Depuis le lundi 24 août 2026, les utilisateurs français de ChatGPT voient de la publicité sous les réponses du robot conversationnel. OpenAI a étendu ce jour-là son dispositif « ChatGPT Ads » à 31 marchés européens, six mois après un pilote lancé aux États-Unis en février (OpenAI). Les annonces s'affichent dans des encadrés identifiés comme sponsorisés, séparés du texte généré, et seulement pour les comptes gratuits et l'abonnement Go à 7,99 euros par mois ; les formules Plus, Pro, Business, Enterprise et Edu restent sans réclame (Usine Digitale). En Europe, OpenAI dit ne pas exploiter l'historique des conversations pour cibler les annonces sans consentement. Six agences françaises servent d'intermédiaires aux annonceurs : Publicis, WPP, Omnicom, MediaPlus, Havas et Dentsu.
Une plateforme à succès qui rentabilise son audience
Interrogée par Libération, la socioéconomiste Mathilde Abel rattache cette bascule à une trajectoire connue : celle des moteurs de recherche et d'une partie de la presse en ligne.
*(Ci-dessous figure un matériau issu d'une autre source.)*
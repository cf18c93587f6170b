-- ===== src/Selectors/AttributeMatcher.antt =====
-- src/selectors_vm/attribute_matcher.rs: the tests of attributes. `CaseSensitivity` is the crate
-- selectors' choice of a comparison: `to_unconditional` and `case_eq` stand for its methods
-- `to_unconditional` and `eq`, and `memchr` and `memchr2` for the crate's functions. A panic where a
-- range of an attribute is out of the input, or ends before it begins.
use lol_html.Base.Checked.{checked_sub}
use lol_html.Base.Outcome.{ok, ◌>>=◌, expect}
use lol_html.Base.Range.{slice}
use lol_html.Html.LocalName.{lower}
use lol_html.Memory.Limiter.{Limited}
use lol_html.Parser.Outline.{AttributeOutline}
use lol_html.Prelude.{
  ℕ, zero, suc, ◌+◌, ◌-◌, Bool, true, false, not, ◌&&◌, ◌||◌, List, [], ◌∷◌, ◌++◌, Option, none,
  some, length, take, drop, get_elem?, leb, ltb, ◌==◌, if◌then◌else◌,
}
use lol_html.Selectors.Ast.{ParsedCaseSensitivity}
use lol_html.Selectors.Program.{AttributeMatcher}

pub data CaseSensitivity : Type 0 where
  case_sensitive ascii_case_insensitive : CaseSensitivity

pub record AttrExprOperands : Type 0 where
  pub name : List ℕ
  pub value : List ℕ
  pub case_sensitivity : ParsedCaseSensitivity

abbrev pub is_attr_whitespace : ℕ → Bool
is_attr_whitespace b = b == 32 || (b == 10 || (b == 13 || (b == 9 || b == 12)))

-- `==` of byte strings.
abbrev pub bytes_eq : List ℕ → List ℕ → Bool
bytes_eq [] [] = true
bytes_eq (a ∷ s) (b ∷ t) = a == b && bytes_eq s t
bytes_eq _ _ = false

-- The loop of `find` over two names of the same length.
abbrev pub lower_eq : List ℕ → List ℕ → Bool
lower_eq [] lowercased_name = true
lower_eq (b ∷ bs) [] = false
lower_eq (b ∷ bs) (n ∷ ns) = lower b == n && lower_eq bs ns

unfoldable pub name_matches : List ℕ → List ℕ → AttributeOutline → Limited Bool
name_matches input lowercased_name a = checked_sub a.name.end a.name.start >>= λ len.
    if not (length lowercased_name == len)
    then ok false
    else (expect (slice input a.name) >>= λ attr_name. ok (lower_eq attr_name lowercased_name))

-- `split` at every byte that passes the test: `acc` is the part so far.
unfoldable pub split_at : (ℕ → Bool) → List ℕ → List ℕ → List (List ℕ)
split_at p acc [] = acc ∷ []
split_at p acc (b ∷ bs) =
    let here = split_at p [] bs in
    let on = split_at p (acc ++ b ∷ []) bs in if p b then acc ∷ here else on

abbrev pub any_part : (List ℕ → Bool) → List (List ℕ) → Bool
any_part f [] = false
any_part f (p ∷ ps) = f p || any_part f ps

abbrev pub find_from : List ℕ → List ℕ → List AttributeOutline → Limited (Option AttributeOutline)
find_from input name [] = ok none
find_from input name (a ∷ attributes) =
    let rest = find_from input name attributes in
    name_matches input name a >>= λ found. if found then ok (some a) else rest

abbrev pub test_value : Option (List ℕ) → (List ℕ → Bool) → Bool
test_value none matcher = false
test_value (some value) matcher = matcher value

module _ (m : AttributeMatcher) where
  unfoldable pub find : List ℕ → Limited (Option AttributeOutline)
  unfolding name_matches
  find lowercased_name = find_from m.input lowercased_name m.attributes

  unfoldable pub get_value : List ℕ → Limited (Option (List ℕ))
  unfolding find
  get_value lowercased_name = find lowercased_name >>= λ found. elim found [
    | none ↦ ok none
    | some a ↦ expect (slice m.input a.value) >>= λ value. ok (some value)
  ]

  unfoldable pub has_attribute : List ℕ → Limited Bool
  unfolding find
  has_attribute lowercased_name =
      find lowercased_name >>= λ found. ok (elim found [ none ↦ false | some _ ↦ true ])

  unfoldable pub value_matches : List ℕ → (List ℕ → Bool) → Limited Bool
  unfolding get_value
  value_matches name matcher = get_value name >>= λ value. ok (test_value value matcher)

  -- b"id" and b"class"
  unfoldable pub has_id : List ℕ → Limited Bool
  unfolding value_matches
  has_id id = value_matches (b'i' ∷ b'd' ∷ []) (λ actual_id. bytes_eq actual_id id)

  unfoldable pub has_class : List ℕ → Limited Bool
  unfolding value_matches split_at
  has_class class_name =
      value_matches (b'c' ∷ b'l' ∷ b'a' ∷ b's' ∷ b's' ∷ [])
        (λ class. any_part (λ p. bytes_eq p class_name) (split_at is_attr_whitespace [] class))

module _ (to_unconditional : ParsedCaseSensitivity → Bool → CaseSensitivity)
    (case_eq : CaseSensitivity → List ℕ → List ℕ → Bool) (memchr : ℕ → List ℕ → Option ℕ)
    (memchr2 : ℕ → ℕ → List ℕ → Option ℕ) where
  abbrev pub comparison : AttributeMatcher → AttrExprOperands → List ℕ → List ℕ → Bool
  comparison m operand = case_eq (to_unconditional operand.case_sensitivity m.is_html_element)

  unfoldable pub attr_eq : AttributeMatcher → AttrExprOperands → Limited Bool
  unfolding value_matches
  attr_eq m operand =
      value_matches m operand.name (λ value. comparison m operand value operand.value)

  unfoldable pub matches_splitted_by_whitespace : AttributeMatcher → AttrExprOperands → Limited Bool
  unfolding value_matches split_at
  matches_splitted_by_whitespace m operand = value_matches m operand.name (λ value.
      any_part (λ part. comparison m operand part operand.value)
        (split_at is_attr_whitespace [] value))

  unfoldable pub has_attr_with_prefix : AttributeMatcher → AttrExprOperands → Limited Bool
  unfolding value_matches
  has_attr_with_prefix m operand = value_matches m operand.name (λ value.
      let prefix_len = length operand.value in
      leb prefix_len (length value) && comparison m operand (take prefix_len value) operand.value)

  abbrev pub is_dash : Option ℕ → Bool
  is_dash none = false
  is_dash (some b) = b == b'-'

  unfoldable pub has_dash_matching_attr : AttributeMatcher → AttrExprOperands → Limited Bool
  unfolding value_matches
  has_dash_matching_attr m operand = value_matches m operand.name (λ value.
      let prefix_len = length operand.value in
      if comparison m operand value operand.value
      then true
      else is_dash (get_elem? value prefix_len)
        && comparison m operand (take prefix_len value) operand.value)

  unfoldable pub has_attr_with_suffix : AttributeMatcher → AttrExprOperands → Limited Bool
  unfolding value_matches
  has_attr_with_suffix m operand = value_matches m operand.name (λ value.
      let suffix_len = length operand.value in
      let value_len = length value in
      leb suffix_len value_len
      && comparison m operand (drop (value_len - suffix_len) value) operand.value)

  -- `u8::to_ascii_uppercase`
  abbrev pub upper : ℕ → ℕ
  upper b = if leb b'a' b && leb b b'z' then b - 32 else b

  abbrev pub first_byte_searcher : CaseSensitivity → ℕ → List ℕ → Option ℕ
  first_byte_searcher case_sensitive first_byte = memchr first_byte
  first_byte_searcher ascii_case_insensitive first_byte =
      memchr2 (lower first_byte) (upper first_byte)

  -- A round of the loop, after the first byte was searched for; `go` is the rest of the loop.
  abbrev pub substring_round : CaseSensitivity → List ℕ → List ℕ → (List ℕ → Bool) → Option ℕ → Bool
  substring_round sensitivity rest haystack go none = false
  substring_round sensitivity rest haystack go (some pos) =
      let haystack' = drop (pos + 1) haystack in
      let again = go haystack' in
      if ltb (length haystack') (length rest)
      then false
      else if case_eq sensitivity (take (length rest) haystack') rest
      then true
      else again

  -- Each round shortens the haystack, so that as many rounds as it has bytes, and one, are enough.
  unfoldable pub substring_loop : ℕ → CaseSensitivity → ℕ → List ℕ → List ℕ → Bool
  substring_loop zero sensitivity first_byte rest haystack = false
  substring_loop (suc fuel) sensitivity first_byte rest haystack =
      substring_round sensitivity rest haystack (substring_loop fuel sensitivity first_byte rest)
        (first_byte_searcher sensitivity first_byte haystack)

  abbrev pub contains : CaseSensitivity → List ℕ → List ℕ → Bool
  contains sensitivity [] value = false
  contains sensitivity (first_byte ∷ rest) value =
      substring_loop (suc (length value)) sensitivity first_byte rest value

  unfoldable pub has_attr_with_substring : AttributeMatcher → AttrExprOperands → Limited Bool
  unfolding value_matches substring_loop
  has_attr_with_substring m operand =
      value_matches m operand.name
        (contains (to_unconditional operand.case_sensitivity m.is_html_element) operand.value)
Un service numérique gratuit attire d'abord une audience massive, puis cherche à la monétiser une fois l'usage installé. OpenAI revendique près d'un milliard d'utilisateurs, et faire tourner ChatGPT à cette échelle coûte plus cher que les abonnements ne rapportent. La publicité devient le levier qui finance l'accès gratuit, sur le modèle des grandes plateformes grand public.
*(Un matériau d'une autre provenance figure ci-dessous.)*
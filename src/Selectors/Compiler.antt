-- ===== src/Selectors/Compiler.antt =====
-- src/selectors_vm/compiler.rs: from the tree to a program whose siblings lie side by side. The encoding
-- is its encoder without replacements, `none` where a character has no code; the other parameters are
-- those of Selectors/AttributeMatcher.antt. A boxed closure is a function. The `debug_assert!` of
-- `compile_predicate`, that the predicate has an expression, is left out.
pub mod Placing
pub mod Filling
pub mod Whole
use mathlib.Core.Option
use lol_html.Base.Outcome.{Outcome, ok, panic, ◌>>=◌, expect}
use lol_html.Base.Range.{Range}
use lol_html.Html.LocalName.{LocalName, name_eq, lower, from_str_without_replacements}
use lol_html.Memory.Limiter.{Limited}
use lol_html.Prelude.{
  ℕ, zero, suc, ◌+◌, ◌-◌, Bool, true, false, not, ◌&&◌, ◌||◌, List, [], ◌∷◌, ◌++◌, map, Option,
  none, some, length, ltb, ◌==◌, if◌then◌else◌,
}
use lol_html.Selectors.Ast.{
  Expr, OnTagNameExpr, explicit_any, unmatchable, local_name_, nth_child, nth_of_type,
  OnAttributesExpr, id_, class, attribute_exists, attribute_comparison_expr,
  AttributeComparisonExpr, AttrSelectorOperator, equal, includes, dash_match, prefix_, substring,
  suffix_, ParsedCaseSensitivity, Predicate, AstNode, AstNodes, ast_node, no_nodes, node_and, Ast,
}
use lol_html.Selectors.AttributeMatcher.{
  CaseSensitivity, AttrExprOperands, has_id, has_class, has_attribute, attr_eq,
  matches_splitted_by_whitespace, has_dash_matching_attr, has_attr_with_prefix,
  has_attr_with_suffix, has_attr_with_substring,
}
use lol_html.Selectors.Program.{
  AttributeMatcher, CompiledLocalNameExpr, CompiledAttributeExpr, ExecutionBranch, Instruction,
  Program,
}
use lol_html.Selectors.Stack.{SelectorState, is_nth}

-- `compile_expr`: the closure, or its negation.
unfoldable pub compile_expr :
    {X : Type 0} → Bool → (SelectorState → X → Limited Bool) → SelectorState → X → Limited Bool
compile_expr negation f state x =
    if negation then (f state x >>= λ holds. ok (not holds)) else f state x

abbrev pub always : {X : Type 0} → Bool → SelectorState → X → Limited Bool
always b state x = ok b

-- `*actual == local_name`, where the selector's name could be encoded.
abbrev pub name_is_ : Option LocalName → SelectorState → LocalName → Limited Bool
name_is_ none state actual = ok false
name_is_ (some name) state actual = ok (name_eq actual name)

unfoldable pub compile_on_tag_name :
    (List ℕ → Option (List ℕ)) → OnTagNameExpr → CompiledLocalNameExpr
compile_on_tag_name encode explicit_any = always true
compile_on_tag_name encode unmatchable = always false
compile_on_tag_name encode (local_name_ name) = name_is_ (from_str_without_replacements encode name)
compile_on_tag_name encode (nth_child nth) = λ state _. ok (is_nth nth state.cumulative)
compile_on_tag_name encode (nth_of_type nth) =
    λ state _. expect state.typed >>= λ counter. ok (is_nth nth counter)

abbrev pub counts_types : OnTagNameExpr → Bool
counts_types (nth_of_type nth) = true
counts_types _ = false

unfoldable pub compile_operands :
    (List ℕ → Option (List ℕ)) → List ℕ → List ℕ → Option (List ℕ × List ℕ)
compile_operands encode name value = elim (encode (map lower name)) [
  | none ↦ none
  | some name' ↦ elim (encode value) [ none ↦ none | some value' ↦ some (name', value') ]
]

abbrev pub on_literal :
    Option (List ℕ) → (AttributeMatcher → List ℕ → Limited Bool) → CompiledAttributeExpr
on_literal none f state m = ok false
on_literal (some lit) f state m = f m lit

module _ (encode : List ℕ → Option (List ℕ))
    (to_unconditional : ParsedCaseSensitivity → Bool → CaseSensitivity)
    (case_eq : CaseSensitivity → List ℕ → List ℕ → Bool) (memchr : ℕ → List ℕ → Option ℕ)
    (memchr2 : ℕ → ℕ → List ℕ → Option ℕ) where
  abbrev pub compare_by : AttrSelectorOperator → AttributeMatcher → AttrExprOperands → Limited Bool
  compare_by equal = attr_eq to_unconditional case_eq memchr memchr2
  compare_by includes = matches_splitted_by_whitespace to_unconditional case_eq memchr memchr2
  compare_by dash_match = has_dash_matching_attr to_unconditional case_eq memchr memchr2
  compare_by prefix_ = has_attr_with_prefix to_unconditional case_eq memchr memchr2
  compare_by suffix_ = has_attr_with_suffix to_unconditional case_eq memchr memchr2
  compare_by substring = has_attr_with_substring to_unconditional case_eq memchr memchr2

  abbrev pub on_operands :
      Option (List ℕ × List ℕ) → AttributeComparisonExpr → CompiledAttributeExpr
  on_operands none e state m = ok false
  on_operands (some (name, value)) e state m =
      compare_by e.operator m
        (record { name = name; value = value; case_sensitivity = e.case_sensitivity })

  -- The closure before a negation, which is of an expression that could be encoded or of false.
  unfoldable pub compile_on_attributes : OnAttributesExpr → CompiledAttributeExpr
  unfolding compile_operands
  compile_on_attributes (id_ id) = on_literal (encode id) has_id
  compile_on_attributes (class class_) = on_literal (encode class_) has_class
  compile_on_attributes (attribute_exists name) = on_literal (encode name) has_attribute
  compile_on_attributes (attribute_comparison_expr e) =
      on_operands (compile_operands encode e.name e.value) e

  abbrev pub compile_names : List (Expr OnTagNameExpr) → List CompiledLocalNameExpr
  compile_names [] = []
  compile_names (e ∷ es) =
      compile_expr e.negation (compile_on_tag_name encode e.simple_expr) ∷ compile_names es

  abbrev pub compile_attributes : List (Expr OnAttributesExpr) → List CompiledAttributeExpr
  compile_attributes [] = []
  compile_attributes (e ∷ es) =
      compile_expr e.negation (compile_on_attributes e.simple_expr) ∷ compile_attributes es

  abbrev pub any_counts_types : List (Expr OnTagNameExpr) → Bool
  any_counts_types [] = false
  any_counts_types (e ∷ es) = counts_types e.simple_expr || any_counts_types es

  module _ {P : Type 0} where
    unfoldable pub compile_predicate : Predicate → ExecutionBranch P → Instruction P
    unfolding compile_expr compile_on_tag_name compile_on_attributes
    compile_predicate predicate branch = record {
      associated_branch = branch;
      local_name_exprs = compile_names predicate.on_tag_name_exprs;
      attribute_exprs = compile_attributes predicate.on_attr_exprs;
    }

pub record Compiler (P : Type 0) : Type 0 where
  pub instructions : List (Option (Instruction P))
  pub free_space_start : ℕ
  pub enable_nth_of_type : Bool

module _ {P : Type 0} where
  abbrev pub length_nodes : AstNodes P → ℕ
  length_nodes no_nodes = 0
  length_nodes (node_and n nodes) = suc (length_nodes nodes)

  -- With its `debug_assert!`.
  unfoldable pub reserve : ℕ → Compiler P → Limited (Compiler P × Range)
  reserve count c =
      if ltb (length c.instructions) (c.free_space_start + count)
      then panic
      else ok (
        record c { free_space_start = c.free_space_start + count },
        record { start = c.free_space_start; end = c.free_space_start + count },
      )

  -- `instructions[position] = Some(…)`; `none` where the position is out of range.
  unfoldable pub set_instruction :
      ℕ → Instruction P → List (Option (Instruction P)) → Option (List (Option (Instruction P)))
  set_instruction position i [] = none
  set_instruction zero i (slot ∷ slots) = some (some i ∷ slots)
  set_instruction (suc position) i (slot ∷ slots) =
      Option.map (λ slots'. slot ∷ slots') (set_instruction position i slots)

  -- `o.unwrap()` for every slot.
  unfoldable pub unwrap_all : List (Option (Instruction P)) → Limited (List (Instruction P))
  unwrap_all [] = ok []
  unwrap_all (slot ∷ slots) =
      expect slot >>= λ i. unwrap_all slots >>= λ instructions. ok (i ∷ instructions)

  abbrev pub empty_slots : ℕ → List (Option (Instruction P))
  empty_slots zero = []
  empty_slots (suc n) = none ∷ empty_slots n

  module _ (compile_one : Predicate → ExecutionBranch P → Instruction P)
      (counts : Predicate → Bool) where
    -- `compile_descendants` of nodes that the loop `compile_in` places.
    abbrev pub compile_descendants :
        AstNodes P
        → (ℕ → Compiler P → Limited (Compiler P))
        → Compiler P
        → Limited (Compiler P × Option Range)
    compile_descendants no_nodes compile_in c = ok (c, none)
    compile_descendants (node_and n nodes) compile_in c =
        reserve (length_nodes (node_and n nodes)) c >>= λ (c₁, r).
        compile_in r.start c₁ >>= λ c₂. ok (c₂, some r)

    -- The loop of `compile_nodes` over the nodes from a position on.
    unfoldable pub compile_in : AstNodes P → ℕ → Compiler P → Limited (Compiler P)
    unfolding reserve set_instruction
    compile_in no_nodes position c = ok c
    compile_in (node_and (ast_node predicate children descendants payload) nodes) position c =
        compile_descendants children (compile_in children) c >>= λ (c₁, jumps).
        compile_descendants descendants (compile_in descendants) c₁ >>= λ (c₂, hereditary_jumps).
        expect (
          set_instruction position
            (compile_one predicate (record {
              matched_payload = payload;
              jumps = jumps;
              hereditary_jumps = hereditary_jumps;
            }))
            c₂.instructions)
        >>= λ instructions. compile_in nodes (position + 1) (record c₂ {
          instructions = instructions;
          enable_nth_of_type = c₂.enable_nth_of_type || counts predicate;
        })

    unfoldable pub compile_nodes : AstNodes P → Compiler P → Limited (Compiler P × Range)
    unfolding compile_in reserve
    compile_nodes nodes c = reserve (length_nodes nodes) c >>= λ (c₁, r).
        compile_in nodes r.start c₁ >>= λ c₂. ok (c₂, r)

    unfoldable pub compile : Ast P → Limited (Program P)
    unfolding compile_nodes unwrap_all
    compile ast =
        compile_nodes ast.root (record {
          instructions = empty_slots ast.cumulative_node_count;
          free_space_start = 0;
          enable_nth_of_type = false;
        })
        >>= λ (c, entry_points). unwrap_all c.instructions >>= λ instructions. ok (record {
          instructions = instructions;
          entry_points = entry_points;
          enable_nth_of_type = c.enable_nth_of_type;
        })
Les chiffres avancés donnent la mesure de l'ambition. OpenAI viserait 2,5 milliards de dollars de revenus publicitaires en 2026, et jusqu'à 100 milliards à l'horizon 2030 (Technomedia). L'entreprise s'installe ainsi sur un marché dominé par Google et Meta, avec un argument distinct : capter l'intention de l'utilisateur au moment où il expose son besoin dans une conversation, en amont de la décision d'achat.
Le risque du conflit d'intérêts
Le point sensible tient à la confiance. Un assistant qui conseille et qui vend au même endroit brouille la frontière entre réponse utile et contenu payé. OpenAI promet une « séparation perceptible » et affirme que les annonces n'influencent pas le texte généré. La garantie porte sur le contenu des réponses, pas sur leur voisinage immédiat avec les encadrés sponsorisés. À cela s'ajoute la logique de l'économie de l'attention, déjà à l'œuvre sur les réseaux : maximiser le temps passé et les interactions pour vendre de l'espace, au risque d'orienter la conception du produit vers l'engagement plutôt que vers la justesse.
La question de la rentabilité de ce modèle pour les IA génératives se posait déjà avant ce lancement (voir IA générative : la publicité peut-elle payer la facture ?). La plateforme en libre-service, qui ouvrira l'achat d'espace à tous les annonceurs, est attendue plus tard dans le trimestre.